Two people C and D are shooting at a target one after the other, until one of them hits the target. The probability of C and D hitting the target are respectively given by pC and pD. Assume that the success or failure of hitting the target is statistically independent for each shot. Evaluate the probability that C hits the target before D if C starts shooting first.
Probability of C hitting the target = pC
Probability of C not hitting the target = 1 - pC
Probability of D hitting the target = pD
Probability of D not hitting the target = 1 - pD
Since, the probabilities are independent the success or failure of one won't affect the success or failure or second.
Let, C starts
P[ C hits the target before D ] = P[ hits the target first time ] + P[ hits the target third time ] + P[ hits the target fifth time ] + .........
P[ hits the target first time ] = pC
P[ hits the target third time ] = P[ C doesn't hit ] * P[ D doesn't hit ] * P[ C hits ] = ( 1 - pC )*( 1 - pD )*pC
P[ hits the target fifth time ] = P[ C doesn't hit ] * P[ D doesn't hit ] * P[ C doesn't hit ] * P[ D doesn't hit ] * P[ C hits ] = ( 1 - pC )*( 1 - pD )*( 1 - pC )*( 1 - pD )*pC
P[ C hits the target before D ] = pC + ( 1 - pC )*( 1 - pD )*pC + ( 1 - pC )*( 1 - pD )*( 1 - pC )*( 1 - pD )*pC + ..............

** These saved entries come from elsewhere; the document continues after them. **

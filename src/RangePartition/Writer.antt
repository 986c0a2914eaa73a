-- ===== src/RangePartition/Writer.antt =====
-- rangepartition/range_rangepartition.go, `writeRequests`, `Write` and `Delete`, with writeValueLog of valuelog.go.
use autumn.Prelude.{
  ℕ, zero, suc, ◌==◌, Bool, true, false, ◌||◌, Option, none, some, List, [], ◌∷◌, if◌then◌else◌,
}
use autumn.Prelude.Outcome.{Outcome, ok, err, panic, eof, ◌>>=◌}
use autumn.RangePartition.Keys.{key_with_ts}
use autumn.RangePartition.Values.{ValuePointer, is_deleted, bit_delete}
use autumn.RangePartition.Versions.{Found}
use autumn.RangePartition.Storage.{Skiplists, Tables, Logs, LogEntry}
use autumn.RangePartition.Partition.{
  RangePartition, next_seq, ensure_room_for_write, write_to_lsm, with_mt, place, not_found,
  blocked_writes, log_error, WriteError,
}
use autumn.RangePartition.Flusher.{receive, flush_attempt}
use autumn.RangePartition.Reader.{get_value_struct}

module _ (K : Skiplists) (T : Tables K) (L : Logs) where
  -- The loop of `writeRequests`: between two polls the flusher makes an attempt and receives.
  unfoldable pub make_room :
      ℕ → List LogEntry → ValuePointer → RangePartition K T L → Outcome (RangePartition K T L)
  unfolding ensure_room_for_write flush_attempt receive
  make_room zero es head rp = err eof
  make_room (suc fuel) es head rp = ensure_room_for_write K T L es head rp >>= λ r. (elim r.0 [
    | true ↦ ok r.1
    | false ↦
        flush_attempt K T L fuel r.1 >>= λ flushed. make_room fuel es head (receive K T L flushed)
  ])

  -- `writeValueLog` on the entries of all requests, and what follows when it succeeds: the entries are
  -- written in the order of the requests.
  unfoldable pub after_log :
      ℕ
      → List LogEntry
      → RangePartition K T L
      → Outcome (List (Option (ℕ × ℕ)) × ValuePointer)
      → Outcome (Option WriteError × RangePartition K T L)
  unfolding place make_room write_to_lsm
  after_log fuel es rp (err e) = ok (some log_error, rp)
  after_log fuel es rp panic = panic
  after_log fuel es rp (ok (ats, head)) = make_room fuel (place es ats) rp.vhead rp >>= λ room. ok (
    none,
    record (with_mt K T L room (write_to_lsm K T L (place es ats) room.mt.skiplist)) {
      vhead = head;
    },
  )

  unfoldable pub write_requests :
      ℕ → List LogEntry → RangePartition K T L → Outcome (Option WriteError × RangePartition K T L)
  unfolding after_log
  write_requests fuel [] rp = ok (none, rp)
  write_requests fuel (e ∷ es) rp =
      let (log, written) = L.append_entries (e ∷ es) rp.log in
      after_log fuel (e ∷ es) (record rp { log = log }) written

  abbrev pub log_entry : List ℕ → ℕ → List ℕ → ℕ → LogEntry
  log_entry key seq value meta = record {
    key = key_with_ts key seq;
    contents = value;
    meta = meta;
    user_meta = 0;
    expires_at = 0;
    extent_id = 0;
    offset = 0;
    estimated_size = 0;
  }

  -- `sendToWriteCh` and the write loop, for a request that is written alone.
  unfoldable pub send :
      ℕ → LogEntry → RangePartition K T L → Outcome (Option WriteError × RangePartition K T L)
  unfolding write_requests
  send fuel e rp =
      if rp.block_writes then ok (some blocked_writes, rp) else write_requests fuel (e ∷ []) rp

  unfoldable pub write :
      ℕ
      → List ℕ
      → List ℕ
      → RangePartition K T L
      → Outcome (Option WriteError × RangePartition K T L)
  unfolding next_seq send
  write fuel key value rp =
      send fuel (log_entry key (next_seq K T L rp) value 0)
        (record rp { seq_number = next_seq K T L rp })

  abbrev pub is_missing : Option Found → Bool
  is_missing none = true
  is_missing (some a) = a.version == 0 || is_deleted a.vs.meta

  unfoldable pub delete :
      ℕ → List ℕ → RangePartition K T L → Outcome (Option WriteError × RangePartition K T L)
  unfolding get_value_struct next_seq send
  delete fuel key rp =
      if is_missing (get_value_struct K T L key 0 rp)
      then ok (some not_found, rp)
      else send fuel (log_entry key (next_seq K T L rp) [] bit_delete)
          (record rp { seq_number = next_seq K T L rp })
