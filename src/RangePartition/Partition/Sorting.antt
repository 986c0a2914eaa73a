-- ===== src/RangePartition/Partition/Sorting.antt =====
-- range_rangepartition.go, `getTablesForKey`: the tables that may hold a key, the last flushed first.
use autumn.Prelude.{
  ℕ, ◌≤◌, ◌<◌, ◌≡◌, refl, sym, ap, ◌∙◌, Bool, true, false, List, [], ◌∷◌, arith, if◌then◌else◌, All,
  inl, inr, ◌⊎◌, lt→ltb, le→ltb,
}
use autumn.RangePartition.Keys.{parse_key}
use autumn.RangePartition.Storage.{Skiplists, Tables, Logs, in_range}
use autumn.RangePartition.Reader.{in_key_range, insert_table, sort_tables}

le_or_lt : (a b : ℕ) → (a ≤ b) ⊎ (b < a)
le_or_lt a b = omega arith

module _ (K : Skiplists) (T : Tables K) (L : Logs) where
  abbrev IsSorted : List T.Table → Type 0
  IsSorted [] = Unit
  IsSorted (t ∷ ts) = All (λ u. T.last_seq u ≤ T.last_seq t) ts × IsSorted ts

  insert_table-All :
      (P : T.Table → Type 0) (t : T.Table) (us : List T.Table)
      → P t
      → All P us
      → All P (insert_table K T L t us)
  unfolding insert_table
  insert_table-All P t [] h hs = (h, tt)
  insert_table-All P t (u ∷ us) h (hu, hus) = ground (arith, insert_table-All P t us h hus)

  all_below :
      (a b : ℕ) (us : List T.Table)
      → a ≤ b
      → All (λ u. T.last_seq u ≤ a) us
      → All (λ u. T.last_seq u ≤ b) us
  all_below a b [] h hs = tt
  all_below a b (u ∷ us) h (hu, hus) = (omega arith, all_below a b us h hus)

  insert_table-IsSorted :
      (t : T.Table) (us : List T.Table) → IsSorted us → IsSorted (insert_table K T L t us)
  unfolding insert_table
  insert_table-IsSorted t [] h = (tt, tt)
  insert_table-IsSorted t (u ∷ us) (below, sorted) = ground (
    arith,
    insert_table-IsSorted t us sorted,
    insert_table-All (λ w. T.last_seq w ≤ T.last_seq u) t us,
    all_below (T.last_seq u) (T.last_seq t) us,
  )

  sort_tables-IsSorted : (ts : List T.Table) → IsSorted (sort_tables K T L ts)
  unfolding sort_tables
  sort_tables-IsSorted [] = tt
  sort_tables-IsSorted (t ∷ ts) =
      insert_table-IsSorted t (sort_tables K T L ts) (sort_tables-IsSorted ts)

  -- A table that no other was flushed after comes first.
  pub insert_table-front :
      (t : T.Table) (us : List T.Table)
      → All (λ u. T.last_seq u ≤ T.last_seq t) us
      → insert_table K T L t us ≡ t ∷ us
  unfolding insert_table
  insert_table-front t [] h = refl
  insert_table-front t (u ∷ us) (hu, hus) = ground arith

  pub in_key_range-All :
      (P : T.Table → Type 0) (key : List ℕ) (us : List T.Table)
      → All P us
      → All P (in_key_range K T L key us)
  unfolding in_key_range
  in_key_range-All P key [] h = tt
  in_key_range-All P key (u ∷ us) (hu, hus) = ground (arith, in_key_range-All P key us hus)

  -- In front of a table that was flushed later, and of one that was not.
  insert_behind :
      (a b : Bool) (t u : T.Table) (rest kept : List T.Table)
      → T.last_seq t < T.last_seq u
      → rest ≡ (if a then insert_table K T L t kept else kept)
      → (if b then u ∷ rest else rest) ≡ (
          if a
          then insert_table K T L t (if b then u ∷ kept else kept)
          else (if b then u ∷ kept else kept))
  unfolding insert_table
  insert_behind true true t u rest kept h e =
      ap (λ r. u ∷ r) e
      ∙ ap (λ c. if c then u ∷ insert_table K T L t kept else t ∷ u ∷ kept)
          (sym (lt→ltb (T.last_seq t) (T.last_seq u) h))
  insert_behind true false t u rest kept h e = e
  insert_behind false true t u rest kept h e = ap (λ r. u ∷ r) e
  insert_behind false false t u rest kept h e = e

  insert_before :
      (a : Bool) (t : T.Table) (kept : List T.Table)
      → All (λ w. T.last_seq w ≤ T.last_seq t) kept
      → (if a then t ∷ kept else kept) ≡ (if a then insert_table K T L t kept else kept)
  insert_before true t kept h = sym (insert_table-front t kept h)
  insert_before false t kept h = refl

  in_key_range-insert_table :
      (key : List ℕ) (t : T.Table) (us : List T.Table)
      → IsSorted us
      → in_key_range K T L key (insert_table K T L t us) ≡ (
          if in_range key (parse_key (T.smallest t)) (parse_key (T.biggest t))
          then insert_table K T L t (in_key_range K T L key us)
          else in_key_range K T L key us)
  unfolding in_key_range insert_table
  in_key_range-insert_table key t [] h = refl
  in_key_range-insert_table key t (u ∷ us) (below, sorted) =
      let a = in_range key (parse_key (T.smallest t)) (parse_key (T.biggest t)) in
      elim (le_or_lt (T.last_seq u) (T.last_seq t)) [
        | inl le ↦
            ap (λ c. in_key_range K T L key (if c then u ∷ insert_table K T L t us else t ∷ u ∷ us))
              (le→ltb (T.last_seq t) (T.last_seq u) le)
            ∙ insert_before a t (in_key_range K T L key (u ∷ us)) (
                in_key_range-All (λ w. T.last_seq w ≤ T.last_seq t) key (u ∷ us)
                  (le, all_below (T.last_seq u) (T.last_seq t) us le below))
        | inr lt ↦
            ap (λ c. in_key_range K T L key (if c then u ∷ insert_table K T L t us else t ∷ u ∷ us))
              (lt→ltb (T.last_seq t) (T.last_seq u) lt)
            ∙ insert_behind a (in_range key (parse_key (T.smallest u)) (parse_key (T.biggest u))) t
                u (in_key_range K T L key (insert_table K T L t us)) (in_key_range K T L key us) lt
                (in_key_range-insert_table key t us sorted)
      ]

  sort_choice :
      (a : Bool) (t : T.Table) (kept chosen : List T.Table)
      → kept ≡ sort_tables K T L chosen
      → (if a then insert_table K T L t kept else kept)
        ≡ sort_tables K T L (if a then t ∷ chosen else chosen)
  unfolding sort_tables
  sort_choice true t kept chosen e = ap (insert_table K T L t) e
  sort_choice false t kept chosen e = e

  -- The tables in range, sorted, are the sorted tables that are in range.
  pub in_key_range-sort_tables :
      (key : List ℕ) (ts : List T.Table)
      → in_key_range K T L key (sort_tables K T L ts)
        ≡ sort_tables K T L (in_key_range K T L key ts)
  unfolding in_key_range sort_tables
  in_key_range-sort_tables key [] = refl
  in_key_range-sort_tables key (t ∷ ts) =
      in_key_range-insert_table key t (sort_tables K T L ts) (sort_tables-IsSorted ts)
      ∙ sort_choice (in_range key (parse_key (T.smallest t)) (parse_key (T.biggest t))) t
          (in_key_range K T L key (sort_tables K T L ts)) (in_key_range K T L key ts)
          (in_key_range-sort_tables key ts)
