-- ===== src/Access/Auth/Laws.antt =====
-- A request passes under a key that the issuer has served.
use mathlib.Core.Path.{subst, ap, ◌∙◌}
use release_engine.Prelude.{
  ◌+◌, ℕ, String, ◌≡◌, ◌⊎◌, refl, inl, inr, true, none, some, List, [], ◌∷◌, ◌==◌, arith,
  Bool-cases, Option-cases, Dict, lookup, AllEntries, AllEntries-insert, AllEntries-lookup, Result,
  ok, err, Result-cases, ltb, if◌then◌else◌,
}
use release_engine.Access.Keys.{
  KeyLibrary, PublicKey, JwksCache, Issuer, Jwk, KeyError, refresh_failed, key_not_found,
  five_minutes, renew, get_key, refresh, add_keys, public_key, discover_jwks_uri,
}
use release_engine.Access.Auth.{JwtLibrary, AuthContext, check_token, authenticate}

held :
    {K : Type 0} (kid : String) (m : Dict K) (key : K) (e : KeyError)
    → ◌≡◌ {A = Result KeyError K} (elim (lookup kid m) [ some k ↦ ok k | none ↦ err e ]) (ok key)
    → lookup kid m ≡ some key
held kid m key e h = ground (arith, h)

module _ (keys : KeyLibrary) (P : String → PublicKey keys → Type 0) where
  -- The keys of a document have the property.
  abbrev pub AllServed : List Jwk → Type 0
  AllServed [] = Unit
  AllServed (jwk ∷ jwks) =
      ((public_key keys jwk ≡ none)
        ⊎ ((key : PublicKey keys) × (public_key keys jwk ≡ some key) × P jwk.kid key))
      × AllServed jwks

  add_keys-AllEntries :
      (jwks : List Jwk) (m : Dict (PublicKey keys))
      → AllServed jwks
      → AllEntries P m
      → AllEntries P (add_keys keys jwks m)
  unfolding add_keys
  add_keys-AllEntries [] m s h = h
  add_keys-AllEntries (jwk ∷ jwks) m (inl e, s) h =
      rw (e, add_keys) (add_keys-AllEntries jwks m s h)
  add_keys-AllEntries (jwk ∷ jwks) m (inr (key, e, p), s) h =
      rw (e, add_keys) (add_keys-AllEntries jwks _ s (AllEntries-insert P jwk.kid key m h p))

  -- Every document of the issuer has such keys only.
  abbrev pub Serves : Issuer → Type 0
  Serves issuer = (uri : String) (jwks : List Jwk) → issuer.jwks uri ≡ some jwks → AllServed jwks

  refresh-AllEntries :
      (issuer : Issuer) (ended : ℕ) (c c' : JwksCache keys)
      → Serves issuer
      → AllEntries P c.keys
      → refresh keys issuer ended c ≡ some c'
      → AllEntries P c'.keys
  unfolding refresh
  refresh-AllEntries issuer ended c c' s h e = elim (Option-cases (discover_jwks_uri keys issuer)) [
    | inl a ↦ absurd (let stuck = rw (a, refresh) at e in cc)
    | inr (uri, a) ↦ elim (Option-cases (issuer.jwks uri)) [
      | inl b ↦ absurd (let stuck = rw (a, b, refresh) at e in cc)
      | inr (jwks, b) ↦
          let made = rw (a, b, refresh) at e in
          let new : JwksCache keys = record {
            keys = add_keys keys jwks c.keys;
            refresh_after = ended + five_minutes;
          } in
          let same : new ≡ c' = cc in
          subst (λ x. AllEntries P x.keys) same (add_keys-AllEntries jwks c.keys (s uri jwks b) h)
    ]
  ]

  -- A key that is answered is one that the cache then holds.
  module _ (issuer : Issuer) (now ended : ℕ) (kid : String) (c : JwksCache keys) where
    renew_holds :
        (key : PublicKey keys)
        → Serves issuer
        → AllEntries P c.keys
        → (renew keys issuer ended kid c).1 ≡ ok key
        → AllEntries P (renew keys issuer ended kid c).0.keys
          × (lookup kid (renew keys issuer ended kid c).0.keys ≡ some key)
    unfolding renew
    renew_holds key s h e = elim (Option-cases (refresh keys issuer ended c)) [
      | inl a ↦ rw (a, renew) (h, held kid c.keys key refresh_failed (rw (a, renew) at e))
      | inr (c', a) ↦
          rw (a, renew)
            (
              refresh-AllEntries issuer ended c c' s h a,
              held kid c'.keys key key_not_found (rw (a, renew) at e),
            )
    ]

    get_key_holds :
        (key : PublicKey keys)
        → Serves issuer
        → AllEntries P c.keys
        → (get_key keys issuer now ended kid c).1 ≡ ok key
        → AllEntries P (get_key keys issuer now ended kid c).0.keys
          × (lookup kid (get_key keys issuer now ended kid c).0.keys ≡ some key)
    unfolding get_key
    get_key_holds key s h e = elim (Option-cases (lookup kid c.keys)) [
      | inl a ↦ rw (a, get_key) (renew_holds key s h (rw (a, get_key) at e))
      | inr (old, a) ↦ elim (Bool-cases (ltb c.refresh_after now)) [
        | inl b ↦ rw (a, b, get_key) (renew_holds key s h (rw (a, b, get_key) at e))
        | inr b ↦
            let answered = rw (a, b, get_key) at e in
            let same : old ≡ key = cc in rw (a, b, get_key) (h, a ∙ ap some same)
      ]
    ]

  module _ (lib : JwtLibrary keys) (issuer : Issuer) (now ended : ℕ) where
    -- Why a request passes.
    pub record IsVouched (c' : JwksCache keys) (token : String) (ctx : AuthContext) : Type 0 where
      pub kid : String
      pub key : PublicKey keys
      pub named : lib.kid_of token ≡ some kid
      pub served : P kid key
      pub held : lookup kid c'.keys ≡ some key
      pub verified : lib.verify key token ≡ some ctx.claims
      pub tenant :
          ctx.tenant_id ≡ (if ctx.claims.tenant_id == "" then none else some ctx.claims.tenant_id)

    check_token-IsVouched :
        (token : String) (c : JwksCache keys) (ctx : AuthContext)
        → Serves issuer
        → AllEntries P c.keys
        → (check_token keys lib issuer now ended token c).1 ≡ ok ctx
        → AllEntries P (check_token keys lib issuer now ended token c).0.keys
          × IsVouched (check_token keys lib issuer now ended token c).0 token ctx
    unfolding check_token
    check_token-IsVouched token c ctx s h e = elim (Option-cases (lib.kid_of token)) [
      | inl a ↦ absurd (let stuck = rw (a, check_token) at e in cc)
      | inr (kid, a) ↦
          let call = get_key keys issuer now ended kid c in
          elim (Result-cases call.1) [
            | inr (f, b) ↦ absurd (let stuck = rw (a, b, check_token) at e in cc)
            | inl (key, b) ↦ elim (Option-cases (lib.verify key token)) [
              | inl d ↦ absurd (let stuck = rw (a, b, d, check_token) at e in cc)
              | inr (claims, d) ↦
                  let answered = rw (a, b, d, check_token) at e in
                  let made : AuthContext = record {
                    claims = claims;
                    tenant_id = if claims.tenant_id == "" then none else some claims.tenant_id;
                  } in
                  let same : made ≡ ctx = cc in
                  let (all, found) = get_key_holds issuer now ended kid c key s h b in
                  let left : (check_token keys lib issuer now ended token c).0 ≡ call.0 =
                    rw (a, check_token) refl in
                  rw left (
                    all,
                    record {
                      kid = kid;
                      key = key;
                      named = a;
                      served = AllEntries-lookup P kid key call.0.keys all found;
                      held = found;
                      verified = d ∙ ap (λ x. some x.claims) same;
                      tenant =
                          subst
                            (λ x. x.tenant_id ≡ (
                              if x.claims.tenant_id == "" then none else some x.claims.tenant_id))
                            same refl;
                    },
                  )
            ]
          ]
    ]

    -- Whatever holds of every key that the issuer serves, and of the keys in the cache, holds of the
    -- key under which a request passes, which the token names and which verifies it; it holds of the
    -- cache again, and the tenant that is passed on is the one of the verified claims.
    pub authenticate-IsVouched :
        (header : String) (c : JwksCache keys) (ctx : AuthContext)
        → Serves issuer
        → AllEntries P c.keys
        → (authenticate keys lib issuer now ended header c).1 ≡ ok ctx
        → (scheme token : String) × (lib.split header ≡ some (scheme, token))
          × (lib.equal_fold scheme "Bearer" ≡ true)
          × AllEntries P (authenticate keys lib issuer now ended header c).0.keys
          × IsVouched (authenticate keys lib issuer now ended header c).0 token ctx
    unfolding authenticate
    authenticate-IsVouched header c ctx s h e = elim (Bool-cases (header == "")) [
      | inl a ↦ absurd (let stuck = rw a at e in cc)
      | inr a ↦ elim (Option-cases (lib.split header)) [
        | inl b ↦ absurd (let stuck = rw (a, b, authenticate) at e in cc)
        | inr ((scheme, token), b) ↦ elim (Bool-cases (lib.equal_fold scheme "Bearer")) [
          | inr d ↦ absurd (let stuck = rw (a, b, d, authenticate) at e in cc)
          | inl d ↦
              let (all, vouched) =
                check_token-IsVouched token c ctx s h (rw (a, b, d, authenticate) at e) in
              let call : authenticate keys lib issuer now ended header c
                  ≡ check_token keys lib issuer now ended token c =
                rw (a, b, d, authenticate) refl in
              (scheme, token, b, d, rw call all, rw call vouched)
        ]
      ]
    ]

This becomes an infinite GP with a = pC and r = ( 1 - pC )*( 1 - pD )
Sum of infinite GP = a / ( 1 - r )
P[ C hits the target before D ] = pC / ( 1 - ( 1 - pC )*( 1 - pD ) )
P[ C hits the target before D ] = pC / ( 1 - ( 1 - pC - pD + pC*pD) )
P[ C hits the target before D ] = pC / ( pC + pD - pC*pD )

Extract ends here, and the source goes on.